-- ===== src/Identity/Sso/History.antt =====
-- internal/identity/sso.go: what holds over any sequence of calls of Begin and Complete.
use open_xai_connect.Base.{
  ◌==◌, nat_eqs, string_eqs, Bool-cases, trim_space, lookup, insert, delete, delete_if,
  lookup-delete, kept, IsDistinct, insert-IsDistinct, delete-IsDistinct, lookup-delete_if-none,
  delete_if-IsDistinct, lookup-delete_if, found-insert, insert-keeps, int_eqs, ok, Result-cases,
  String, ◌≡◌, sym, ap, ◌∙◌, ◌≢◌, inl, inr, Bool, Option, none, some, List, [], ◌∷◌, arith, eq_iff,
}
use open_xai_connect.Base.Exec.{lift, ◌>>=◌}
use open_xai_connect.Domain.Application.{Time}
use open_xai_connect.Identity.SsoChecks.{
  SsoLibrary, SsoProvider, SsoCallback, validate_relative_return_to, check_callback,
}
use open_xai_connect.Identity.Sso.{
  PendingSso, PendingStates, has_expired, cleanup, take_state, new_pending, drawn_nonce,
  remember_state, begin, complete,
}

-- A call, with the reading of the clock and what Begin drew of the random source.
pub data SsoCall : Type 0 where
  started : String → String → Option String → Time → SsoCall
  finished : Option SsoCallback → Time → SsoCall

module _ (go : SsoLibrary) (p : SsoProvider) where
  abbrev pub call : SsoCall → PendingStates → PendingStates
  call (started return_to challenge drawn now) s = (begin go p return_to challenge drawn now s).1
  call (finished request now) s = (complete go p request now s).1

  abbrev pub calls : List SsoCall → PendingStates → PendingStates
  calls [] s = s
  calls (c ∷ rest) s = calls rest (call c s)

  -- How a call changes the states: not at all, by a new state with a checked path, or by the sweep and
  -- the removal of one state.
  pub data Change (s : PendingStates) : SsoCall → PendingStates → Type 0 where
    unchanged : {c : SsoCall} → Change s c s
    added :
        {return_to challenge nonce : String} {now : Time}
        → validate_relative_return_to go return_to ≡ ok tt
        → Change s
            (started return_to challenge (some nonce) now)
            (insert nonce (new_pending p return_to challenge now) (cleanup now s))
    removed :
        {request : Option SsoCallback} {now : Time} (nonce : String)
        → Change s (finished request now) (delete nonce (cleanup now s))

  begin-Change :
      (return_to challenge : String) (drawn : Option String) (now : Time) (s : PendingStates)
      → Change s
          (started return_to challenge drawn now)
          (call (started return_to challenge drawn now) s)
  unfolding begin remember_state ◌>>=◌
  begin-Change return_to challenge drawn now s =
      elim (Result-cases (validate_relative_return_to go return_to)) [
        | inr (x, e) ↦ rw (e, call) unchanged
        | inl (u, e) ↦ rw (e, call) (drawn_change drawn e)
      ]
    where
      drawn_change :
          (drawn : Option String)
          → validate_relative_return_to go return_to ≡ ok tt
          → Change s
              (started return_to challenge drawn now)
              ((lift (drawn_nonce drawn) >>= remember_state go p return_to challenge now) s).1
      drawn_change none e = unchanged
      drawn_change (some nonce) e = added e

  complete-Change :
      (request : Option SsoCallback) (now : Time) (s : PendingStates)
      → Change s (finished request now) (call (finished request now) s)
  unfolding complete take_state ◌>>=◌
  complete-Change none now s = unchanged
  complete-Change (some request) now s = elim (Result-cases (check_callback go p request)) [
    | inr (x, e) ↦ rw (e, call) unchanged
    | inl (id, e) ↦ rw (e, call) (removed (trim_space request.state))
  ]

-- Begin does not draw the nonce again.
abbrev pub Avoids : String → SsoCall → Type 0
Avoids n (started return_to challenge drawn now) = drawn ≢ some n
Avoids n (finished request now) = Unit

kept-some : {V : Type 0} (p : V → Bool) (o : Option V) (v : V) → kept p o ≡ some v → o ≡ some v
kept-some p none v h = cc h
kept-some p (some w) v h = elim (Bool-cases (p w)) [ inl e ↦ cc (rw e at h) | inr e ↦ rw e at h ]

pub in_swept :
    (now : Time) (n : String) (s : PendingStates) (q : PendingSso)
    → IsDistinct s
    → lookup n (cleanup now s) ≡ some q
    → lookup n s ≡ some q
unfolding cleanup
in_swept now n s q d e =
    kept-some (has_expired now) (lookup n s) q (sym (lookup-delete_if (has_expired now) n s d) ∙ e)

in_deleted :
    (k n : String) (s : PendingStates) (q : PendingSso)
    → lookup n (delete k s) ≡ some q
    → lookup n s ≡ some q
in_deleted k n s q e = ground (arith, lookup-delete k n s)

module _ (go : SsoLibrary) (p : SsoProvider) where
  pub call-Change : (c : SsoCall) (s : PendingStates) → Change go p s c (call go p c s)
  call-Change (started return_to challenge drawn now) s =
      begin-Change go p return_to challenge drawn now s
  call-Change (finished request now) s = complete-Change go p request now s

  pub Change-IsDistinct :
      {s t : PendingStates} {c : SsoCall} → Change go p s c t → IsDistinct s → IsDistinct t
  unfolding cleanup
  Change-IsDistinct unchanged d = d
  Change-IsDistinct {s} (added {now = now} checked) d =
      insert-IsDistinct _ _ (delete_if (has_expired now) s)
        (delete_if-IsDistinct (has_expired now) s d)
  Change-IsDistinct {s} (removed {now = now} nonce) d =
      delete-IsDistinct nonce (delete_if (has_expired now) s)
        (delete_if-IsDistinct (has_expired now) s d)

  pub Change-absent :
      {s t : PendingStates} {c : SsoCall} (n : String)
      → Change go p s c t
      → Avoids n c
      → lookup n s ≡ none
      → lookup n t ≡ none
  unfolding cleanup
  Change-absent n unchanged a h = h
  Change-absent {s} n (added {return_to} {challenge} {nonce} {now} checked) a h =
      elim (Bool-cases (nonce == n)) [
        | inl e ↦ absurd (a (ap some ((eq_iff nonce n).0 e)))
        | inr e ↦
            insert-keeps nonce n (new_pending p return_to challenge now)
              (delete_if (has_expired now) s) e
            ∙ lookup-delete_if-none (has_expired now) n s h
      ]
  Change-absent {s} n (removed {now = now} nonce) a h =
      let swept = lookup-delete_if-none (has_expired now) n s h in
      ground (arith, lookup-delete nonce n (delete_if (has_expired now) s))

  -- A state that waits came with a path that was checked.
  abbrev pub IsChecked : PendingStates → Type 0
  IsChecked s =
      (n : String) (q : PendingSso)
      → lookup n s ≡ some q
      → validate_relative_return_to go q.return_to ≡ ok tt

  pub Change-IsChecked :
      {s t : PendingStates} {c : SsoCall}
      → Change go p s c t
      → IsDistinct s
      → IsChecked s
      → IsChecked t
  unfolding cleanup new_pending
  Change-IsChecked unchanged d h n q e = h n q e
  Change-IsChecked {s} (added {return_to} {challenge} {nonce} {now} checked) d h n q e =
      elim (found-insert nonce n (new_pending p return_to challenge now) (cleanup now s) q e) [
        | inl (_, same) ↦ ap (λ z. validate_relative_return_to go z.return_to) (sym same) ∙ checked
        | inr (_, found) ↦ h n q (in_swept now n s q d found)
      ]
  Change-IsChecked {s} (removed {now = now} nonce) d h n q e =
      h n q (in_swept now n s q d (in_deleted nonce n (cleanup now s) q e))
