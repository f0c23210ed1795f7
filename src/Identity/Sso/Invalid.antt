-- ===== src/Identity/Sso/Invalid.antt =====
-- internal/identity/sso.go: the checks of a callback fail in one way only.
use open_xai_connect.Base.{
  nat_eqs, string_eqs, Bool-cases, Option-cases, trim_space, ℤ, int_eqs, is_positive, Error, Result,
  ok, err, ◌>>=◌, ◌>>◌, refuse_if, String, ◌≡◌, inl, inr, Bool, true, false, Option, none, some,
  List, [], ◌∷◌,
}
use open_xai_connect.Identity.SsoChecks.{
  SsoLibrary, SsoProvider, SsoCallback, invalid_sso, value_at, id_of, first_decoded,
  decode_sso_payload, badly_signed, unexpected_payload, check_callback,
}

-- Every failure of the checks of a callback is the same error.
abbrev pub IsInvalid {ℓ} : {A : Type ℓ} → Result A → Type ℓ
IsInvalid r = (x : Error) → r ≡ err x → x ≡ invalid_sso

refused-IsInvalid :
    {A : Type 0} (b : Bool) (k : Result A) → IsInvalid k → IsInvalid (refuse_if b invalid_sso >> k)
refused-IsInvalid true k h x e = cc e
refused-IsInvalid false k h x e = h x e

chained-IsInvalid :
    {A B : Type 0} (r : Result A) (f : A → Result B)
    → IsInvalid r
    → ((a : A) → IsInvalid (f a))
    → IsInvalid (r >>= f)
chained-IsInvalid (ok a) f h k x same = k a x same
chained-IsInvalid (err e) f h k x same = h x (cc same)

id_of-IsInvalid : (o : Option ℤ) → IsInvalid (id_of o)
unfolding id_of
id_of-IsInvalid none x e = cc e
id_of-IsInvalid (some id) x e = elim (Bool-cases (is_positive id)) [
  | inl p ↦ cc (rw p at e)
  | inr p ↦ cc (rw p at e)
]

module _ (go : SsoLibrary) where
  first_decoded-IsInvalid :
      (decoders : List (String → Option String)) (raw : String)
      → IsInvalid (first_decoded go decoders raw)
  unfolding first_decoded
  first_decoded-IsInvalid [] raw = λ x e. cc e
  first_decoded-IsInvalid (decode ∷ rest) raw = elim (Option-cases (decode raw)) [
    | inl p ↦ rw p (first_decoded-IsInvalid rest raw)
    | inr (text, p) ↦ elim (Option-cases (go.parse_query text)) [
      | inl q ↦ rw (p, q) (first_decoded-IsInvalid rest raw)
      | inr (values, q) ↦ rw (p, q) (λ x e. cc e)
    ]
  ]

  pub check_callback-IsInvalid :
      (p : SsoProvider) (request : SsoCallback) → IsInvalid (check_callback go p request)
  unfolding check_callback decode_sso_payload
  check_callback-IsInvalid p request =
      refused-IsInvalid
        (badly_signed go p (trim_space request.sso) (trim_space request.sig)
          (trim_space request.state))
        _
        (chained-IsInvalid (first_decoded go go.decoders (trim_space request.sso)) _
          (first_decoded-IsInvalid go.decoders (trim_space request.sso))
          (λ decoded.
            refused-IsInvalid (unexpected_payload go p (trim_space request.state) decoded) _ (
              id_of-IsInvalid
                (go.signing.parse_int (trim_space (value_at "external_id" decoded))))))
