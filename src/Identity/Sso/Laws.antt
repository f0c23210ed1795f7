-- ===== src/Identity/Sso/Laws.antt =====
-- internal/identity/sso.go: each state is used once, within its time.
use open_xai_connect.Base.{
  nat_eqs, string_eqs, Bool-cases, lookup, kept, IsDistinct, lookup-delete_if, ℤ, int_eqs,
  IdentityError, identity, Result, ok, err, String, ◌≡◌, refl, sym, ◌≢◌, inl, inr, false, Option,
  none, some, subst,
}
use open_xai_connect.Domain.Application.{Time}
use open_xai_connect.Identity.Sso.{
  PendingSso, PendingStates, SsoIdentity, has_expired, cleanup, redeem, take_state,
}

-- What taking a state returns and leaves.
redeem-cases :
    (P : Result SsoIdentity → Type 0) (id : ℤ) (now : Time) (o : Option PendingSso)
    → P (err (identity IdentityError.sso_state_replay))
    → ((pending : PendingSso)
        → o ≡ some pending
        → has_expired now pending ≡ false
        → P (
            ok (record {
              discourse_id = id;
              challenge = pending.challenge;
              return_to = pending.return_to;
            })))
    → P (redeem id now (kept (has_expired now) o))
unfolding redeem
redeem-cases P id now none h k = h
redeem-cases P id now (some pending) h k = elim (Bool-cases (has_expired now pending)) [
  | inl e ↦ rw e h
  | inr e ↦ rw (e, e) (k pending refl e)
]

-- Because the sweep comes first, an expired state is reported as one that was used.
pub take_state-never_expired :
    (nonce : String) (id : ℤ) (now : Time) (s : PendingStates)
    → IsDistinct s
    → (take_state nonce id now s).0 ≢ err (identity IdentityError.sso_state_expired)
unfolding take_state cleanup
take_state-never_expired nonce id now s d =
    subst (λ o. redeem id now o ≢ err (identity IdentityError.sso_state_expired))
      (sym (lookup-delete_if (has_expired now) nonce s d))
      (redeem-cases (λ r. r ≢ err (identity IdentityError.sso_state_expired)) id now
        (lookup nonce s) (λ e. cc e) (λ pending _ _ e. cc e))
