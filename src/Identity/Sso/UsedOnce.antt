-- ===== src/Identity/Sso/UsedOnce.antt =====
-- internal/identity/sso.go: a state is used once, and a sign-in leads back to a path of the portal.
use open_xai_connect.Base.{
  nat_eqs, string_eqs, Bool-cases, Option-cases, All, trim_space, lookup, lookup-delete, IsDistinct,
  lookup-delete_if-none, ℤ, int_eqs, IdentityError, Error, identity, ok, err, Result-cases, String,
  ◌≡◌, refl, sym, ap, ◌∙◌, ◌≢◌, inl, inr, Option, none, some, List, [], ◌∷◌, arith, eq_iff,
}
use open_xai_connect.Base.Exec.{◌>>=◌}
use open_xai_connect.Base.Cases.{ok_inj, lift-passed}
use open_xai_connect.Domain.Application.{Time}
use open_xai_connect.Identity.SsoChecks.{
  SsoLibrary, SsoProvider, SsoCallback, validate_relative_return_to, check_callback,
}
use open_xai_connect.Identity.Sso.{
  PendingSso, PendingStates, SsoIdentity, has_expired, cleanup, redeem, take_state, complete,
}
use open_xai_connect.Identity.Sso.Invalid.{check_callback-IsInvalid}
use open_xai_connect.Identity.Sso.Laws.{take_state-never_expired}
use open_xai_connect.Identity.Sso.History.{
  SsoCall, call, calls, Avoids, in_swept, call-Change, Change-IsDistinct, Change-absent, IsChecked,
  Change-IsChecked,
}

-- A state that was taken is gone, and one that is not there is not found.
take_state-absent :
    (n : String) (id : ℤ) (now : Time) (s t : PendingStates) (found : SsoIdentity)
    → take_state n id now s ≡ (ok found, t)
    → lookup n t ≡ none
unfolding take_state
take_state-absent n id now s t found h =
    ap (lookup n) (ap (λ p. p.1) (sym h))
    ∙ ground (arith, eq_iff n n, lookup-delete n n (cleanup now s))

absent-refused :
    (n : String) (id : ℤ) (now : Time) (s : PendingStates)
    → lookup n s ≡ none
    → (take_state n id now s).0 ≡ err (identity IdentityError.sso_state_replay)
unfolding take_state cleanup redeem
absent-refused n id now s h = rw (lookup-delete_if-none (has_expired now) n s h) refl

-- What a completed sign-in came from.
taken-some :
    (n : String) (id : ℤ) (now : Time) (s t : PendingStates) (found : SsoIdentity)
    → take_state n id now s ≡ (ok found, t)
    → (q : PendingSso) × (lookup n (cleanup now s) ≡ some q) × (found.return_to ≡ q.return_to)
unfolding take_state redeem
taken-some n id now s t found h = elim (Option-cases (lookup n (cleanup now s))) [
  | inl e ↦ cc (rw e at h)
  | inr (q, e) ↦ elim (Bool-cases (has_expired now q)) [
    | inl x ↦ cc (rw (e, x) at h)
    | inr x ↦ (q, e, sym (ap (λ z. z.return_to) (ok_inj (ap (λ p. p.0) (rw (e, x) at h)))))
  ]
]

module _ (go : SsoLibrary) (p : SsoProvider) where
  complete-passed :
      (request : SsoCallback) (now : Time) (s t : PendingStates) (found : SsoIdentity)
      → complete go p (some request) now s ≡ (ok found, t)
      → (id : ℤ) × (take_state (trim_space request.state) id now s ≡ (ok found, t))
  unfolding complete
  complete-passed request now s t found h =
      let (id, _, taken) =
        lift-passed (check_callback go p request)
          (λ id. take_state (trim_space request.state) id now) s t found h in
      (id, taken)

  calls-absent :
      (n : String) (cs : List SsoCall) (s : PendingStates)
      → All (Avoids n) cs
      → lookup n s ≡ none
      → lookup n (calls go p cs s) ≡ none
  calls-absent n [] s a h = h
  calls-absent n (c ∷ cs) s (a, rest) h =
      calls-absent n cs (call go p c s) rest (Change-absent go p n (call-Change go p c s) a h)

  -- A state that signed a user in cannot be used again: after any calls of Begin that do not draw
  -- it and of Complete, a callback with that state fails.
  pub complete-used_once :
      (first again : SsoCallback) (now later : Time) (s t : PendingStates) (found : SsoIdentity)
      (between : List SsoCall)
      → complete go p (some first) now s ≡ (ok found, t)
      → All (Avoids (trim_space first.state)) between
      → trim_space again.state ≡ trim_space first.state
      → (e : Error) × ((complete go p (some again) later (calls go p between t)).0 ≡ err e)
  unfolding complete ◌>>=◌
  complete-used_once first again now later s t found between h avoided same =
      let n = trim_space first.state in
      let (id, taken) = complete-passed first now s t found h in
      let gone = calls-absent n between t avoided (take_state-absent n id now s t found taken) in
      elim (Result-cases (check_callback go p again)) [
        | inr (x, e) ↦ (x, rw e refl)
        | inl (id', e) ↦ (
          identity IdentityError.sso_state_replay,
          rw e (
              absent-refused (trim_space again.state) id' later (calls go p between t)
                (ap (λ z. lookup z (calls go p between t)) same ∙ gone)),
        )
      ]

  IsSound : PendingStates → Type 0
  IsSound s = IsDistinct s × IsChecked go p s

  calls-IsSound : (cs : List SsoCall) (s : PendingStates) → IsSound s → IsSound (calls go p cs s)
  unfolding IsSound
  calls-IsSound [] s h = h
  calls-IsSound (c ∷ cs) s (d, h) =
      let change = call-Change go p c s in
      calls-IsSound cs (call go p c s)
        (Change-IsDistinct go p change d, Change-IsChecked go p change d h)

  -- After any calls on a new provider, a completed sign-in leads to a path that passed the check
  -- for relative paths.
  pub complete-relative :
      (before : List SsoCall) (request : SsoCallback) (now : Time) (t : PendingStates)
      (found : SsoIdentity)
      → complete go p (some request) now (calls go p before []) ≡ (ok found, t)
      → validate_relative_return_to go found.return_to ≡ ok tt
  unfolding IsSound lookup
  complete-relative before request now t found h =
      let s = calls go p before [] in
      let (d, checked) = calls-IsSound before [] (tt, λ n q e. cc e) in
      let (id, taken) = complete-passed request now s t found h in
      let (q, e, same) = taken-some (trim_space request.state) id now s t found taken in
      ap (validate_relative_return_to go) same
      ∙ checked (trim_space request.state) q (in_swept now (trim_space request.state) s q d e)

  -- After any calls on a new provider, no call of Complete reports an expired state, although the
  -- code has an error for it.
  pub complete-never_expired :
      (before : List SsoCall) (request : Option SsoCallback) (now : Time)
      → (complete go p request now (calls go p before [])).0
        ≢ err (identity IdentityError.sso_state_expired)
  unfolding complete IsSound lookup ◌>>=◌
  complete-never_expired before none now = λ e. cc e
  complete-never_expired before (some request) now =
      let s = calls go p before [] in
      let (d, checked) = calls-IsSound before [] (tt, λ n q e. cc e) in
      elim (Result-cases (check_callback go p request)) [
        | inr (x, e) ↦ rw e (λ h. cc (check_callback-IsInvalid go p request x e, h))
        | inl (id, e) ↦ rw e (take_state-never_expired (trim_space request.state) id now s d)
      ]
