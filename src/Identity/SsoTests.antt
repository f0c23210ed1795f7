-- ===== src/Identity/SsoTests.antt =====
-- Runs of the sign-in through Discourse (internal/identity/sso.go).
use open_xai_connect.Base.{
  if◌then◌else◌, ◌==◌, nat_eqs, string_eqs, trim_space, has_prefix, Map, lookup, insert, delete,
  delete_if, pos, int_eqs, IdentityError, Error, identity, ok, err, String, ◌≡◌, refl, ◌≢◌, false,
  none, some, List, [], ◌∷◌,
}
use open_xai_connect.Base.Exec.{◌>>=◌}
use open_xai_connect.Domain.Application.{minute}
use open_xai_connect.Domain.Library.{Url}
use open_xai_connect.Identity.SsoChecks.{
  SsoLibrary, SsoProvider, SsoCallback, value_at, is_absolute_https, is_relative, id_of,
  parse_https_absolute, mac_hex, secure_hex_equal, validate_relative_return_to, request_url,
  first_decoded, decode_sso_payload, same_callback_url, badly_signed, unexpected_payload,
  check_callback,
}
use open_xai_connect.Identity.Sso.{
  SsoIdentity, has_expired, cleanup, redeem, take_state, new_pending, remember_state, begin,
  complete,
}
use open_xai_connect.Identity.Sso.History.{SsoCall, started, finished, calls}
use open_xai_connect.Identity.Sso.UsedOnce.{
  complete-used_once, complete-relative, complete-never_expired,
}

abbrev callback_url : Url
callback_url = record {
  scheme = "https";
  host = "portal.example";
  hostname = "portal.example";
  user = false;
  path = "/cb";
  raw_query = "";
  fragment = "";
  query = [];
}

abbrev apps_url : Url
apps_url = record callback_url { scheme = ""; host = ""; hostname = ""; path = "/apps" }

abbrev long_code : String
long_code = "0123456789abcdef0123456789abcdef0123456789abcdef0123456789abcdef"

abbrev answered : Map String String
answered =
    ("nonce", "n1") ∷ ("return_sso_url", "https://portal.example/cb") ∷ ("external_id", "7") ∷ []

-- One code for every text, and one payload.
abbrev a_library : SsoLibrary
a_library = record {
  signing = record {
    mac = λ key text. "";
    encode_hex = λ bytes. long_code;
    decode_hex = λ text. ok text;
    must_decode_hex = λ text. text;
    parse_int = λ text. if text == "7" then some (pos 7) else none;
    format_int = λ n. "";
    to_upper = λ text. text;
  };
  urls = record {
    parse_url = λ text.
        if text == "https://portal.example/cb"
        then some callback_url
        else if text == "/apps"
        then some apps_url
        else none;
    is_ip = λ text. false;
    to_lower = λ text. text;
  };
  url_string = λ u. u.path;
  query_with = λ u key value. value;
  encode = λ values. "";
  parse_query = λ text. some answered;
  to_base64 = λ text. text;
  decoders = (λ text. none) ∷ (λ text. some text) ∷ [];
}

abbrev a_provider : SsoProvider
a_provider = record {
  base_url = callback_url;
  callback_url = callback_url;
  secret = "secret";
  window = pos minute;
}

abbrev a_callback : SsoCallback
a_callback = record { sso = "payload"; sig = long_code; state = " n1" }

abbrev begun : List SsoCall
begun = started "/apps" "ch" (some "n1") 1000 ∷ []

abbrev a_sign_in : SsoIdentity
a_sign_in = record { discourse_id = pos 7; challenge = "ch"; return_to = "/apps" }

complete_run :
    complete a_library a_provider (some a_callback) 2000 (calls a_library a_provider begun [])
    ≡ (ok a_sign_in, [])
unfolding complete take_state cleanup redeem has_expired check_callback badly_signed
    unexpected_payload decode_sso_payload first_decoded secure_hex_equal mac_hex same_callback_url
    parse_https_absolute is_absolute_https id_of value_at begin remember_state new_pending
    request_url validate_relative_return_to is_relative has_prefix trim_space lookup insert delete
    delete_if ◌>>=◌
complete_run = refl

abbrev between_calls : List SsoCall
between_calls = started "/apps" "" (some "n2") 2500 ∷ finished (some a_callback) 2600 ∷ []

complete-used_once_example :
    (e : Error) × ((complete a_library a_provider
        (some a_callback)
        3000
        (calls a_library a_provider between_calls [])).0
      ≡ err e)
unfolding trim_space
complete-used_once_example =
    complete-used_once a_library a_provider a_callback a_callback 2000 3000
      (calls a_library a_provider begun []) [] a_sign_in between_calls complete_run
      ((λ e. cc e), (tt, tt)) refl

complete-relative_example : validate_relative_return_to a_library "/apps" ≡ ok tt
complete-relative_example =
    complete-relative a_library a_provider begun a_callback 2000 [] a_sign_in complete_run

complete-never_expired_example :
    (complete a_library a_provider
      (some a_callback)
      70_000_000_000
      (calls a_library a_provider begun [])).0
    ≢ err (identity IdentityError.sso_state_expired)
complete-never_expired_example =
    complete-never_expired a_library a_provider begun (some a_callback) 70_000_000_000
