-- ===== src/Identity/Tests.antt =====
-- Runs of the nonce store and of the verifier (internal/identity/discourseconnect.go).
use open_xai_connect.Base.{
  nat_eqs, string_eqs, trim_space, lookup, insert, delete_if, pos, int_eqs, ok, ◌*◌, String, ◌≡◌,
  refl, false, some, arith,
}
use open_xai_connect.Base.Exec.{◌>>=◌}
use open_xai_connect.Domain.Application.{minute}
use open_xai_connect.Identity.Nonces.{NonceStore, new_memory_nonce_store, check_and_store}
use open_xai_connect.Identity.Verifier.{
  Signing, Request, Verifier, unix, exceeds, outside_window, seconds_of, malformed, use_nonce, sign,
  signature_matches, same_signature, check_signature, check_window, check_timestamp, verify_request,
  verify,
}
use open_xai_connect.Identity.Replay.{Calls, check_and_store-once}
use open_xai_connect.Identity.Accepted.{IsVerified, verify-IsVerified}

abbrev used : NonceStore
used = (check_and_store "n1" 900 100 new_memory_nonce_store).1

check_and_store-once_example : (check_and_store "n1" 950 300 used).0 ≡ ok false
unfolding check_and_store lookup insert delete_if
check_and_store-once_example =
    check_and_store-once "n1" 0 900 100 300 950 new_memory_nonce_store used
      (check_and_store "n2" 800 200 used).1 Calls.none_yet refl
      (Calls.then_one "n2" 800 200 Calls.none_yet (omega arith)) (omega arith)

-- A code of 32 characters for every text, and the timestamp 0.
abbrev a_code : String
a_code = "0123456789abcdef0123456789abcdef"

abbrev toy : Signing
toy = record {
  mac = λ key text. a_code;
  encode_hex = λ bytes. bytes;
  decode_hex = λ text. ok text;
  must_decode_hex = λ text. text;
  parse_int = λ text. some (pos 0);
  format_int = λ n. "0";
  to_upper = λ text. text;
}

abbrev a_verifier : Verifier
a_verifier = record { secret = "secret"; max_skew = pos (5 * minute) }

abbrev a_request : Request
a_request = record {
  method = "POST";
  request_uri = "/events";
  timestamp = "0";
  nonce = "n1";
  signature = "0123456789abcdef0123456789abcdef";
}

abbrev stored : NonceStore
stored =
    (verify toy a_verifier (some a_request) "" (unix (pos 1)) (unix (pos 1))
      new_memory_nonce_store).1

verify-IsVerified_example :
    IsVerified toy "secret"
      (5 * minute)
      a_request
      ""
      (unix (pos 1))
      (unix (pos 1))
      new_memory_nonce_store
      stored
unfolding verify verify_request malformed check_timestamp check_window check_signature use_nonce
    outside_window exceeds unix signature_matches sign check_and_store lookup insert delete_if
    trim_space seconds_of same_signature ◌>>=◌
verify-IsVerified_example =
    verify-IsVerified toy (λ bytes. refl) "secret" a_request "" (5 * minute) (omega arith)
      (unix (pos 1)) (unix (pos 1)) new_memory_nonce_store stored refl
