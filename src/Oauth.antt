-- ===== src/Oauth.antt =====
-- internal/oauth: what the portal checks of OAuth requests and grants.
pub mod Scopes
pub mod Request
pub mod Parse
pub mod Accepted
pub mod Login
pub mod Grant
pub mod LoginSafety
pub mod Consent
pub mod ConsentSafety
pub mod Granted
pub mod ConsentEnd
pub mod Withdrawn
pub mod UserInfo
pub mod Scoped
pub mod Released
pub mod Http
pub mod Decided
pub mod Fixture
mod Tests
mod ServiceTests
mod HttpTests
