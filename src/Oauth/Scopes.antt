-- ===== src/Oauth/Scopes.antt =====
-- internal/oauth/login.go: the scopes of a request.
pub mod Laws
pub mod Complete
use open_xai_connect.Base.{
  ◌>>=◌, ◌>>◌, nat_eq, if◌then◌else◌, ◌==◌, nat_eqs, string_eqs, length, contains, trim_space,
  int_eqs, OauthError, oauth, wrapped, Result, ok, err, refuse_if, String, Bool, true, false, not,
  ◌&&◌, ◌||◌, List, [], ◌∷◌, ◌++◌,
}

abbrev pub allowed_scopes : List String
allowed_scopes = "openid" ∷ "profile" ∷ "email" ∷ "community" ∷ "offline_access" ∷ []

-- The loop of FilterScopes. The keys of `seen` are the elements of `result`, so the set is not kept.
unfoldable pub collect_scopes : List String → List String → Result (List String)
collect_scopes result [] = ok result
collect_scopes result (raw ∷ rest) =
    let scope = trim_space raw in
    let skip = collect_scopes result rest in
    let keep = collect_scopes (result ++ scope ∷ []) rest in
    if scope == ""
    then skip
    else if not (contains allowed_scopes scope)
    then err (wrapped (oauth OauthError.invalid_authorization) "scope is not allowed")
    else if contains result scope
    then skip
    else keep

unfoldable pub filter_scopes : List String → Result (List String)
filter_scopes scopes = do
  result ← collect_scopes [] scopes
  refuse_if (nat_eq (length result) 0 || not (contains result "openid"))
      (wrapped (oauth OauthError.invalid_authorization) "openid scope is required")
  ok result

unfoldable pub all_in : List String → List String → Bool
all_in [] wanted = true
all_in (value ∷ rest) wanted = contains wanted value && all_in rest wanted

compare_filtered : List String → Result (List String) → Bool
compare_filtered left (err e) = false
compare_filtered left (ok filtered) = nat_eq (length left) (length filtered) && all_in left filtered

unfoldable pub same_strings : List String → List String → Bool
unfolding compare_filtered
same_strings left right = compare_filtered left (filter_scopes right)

What you are asked to do -> Each line of the entries above that has the word "Accepted" is to be copied.

Written reply ->
use open_xai_connect.Identity.Accepted.{IsVerified, verify-IsVerified}
pub mod Accepted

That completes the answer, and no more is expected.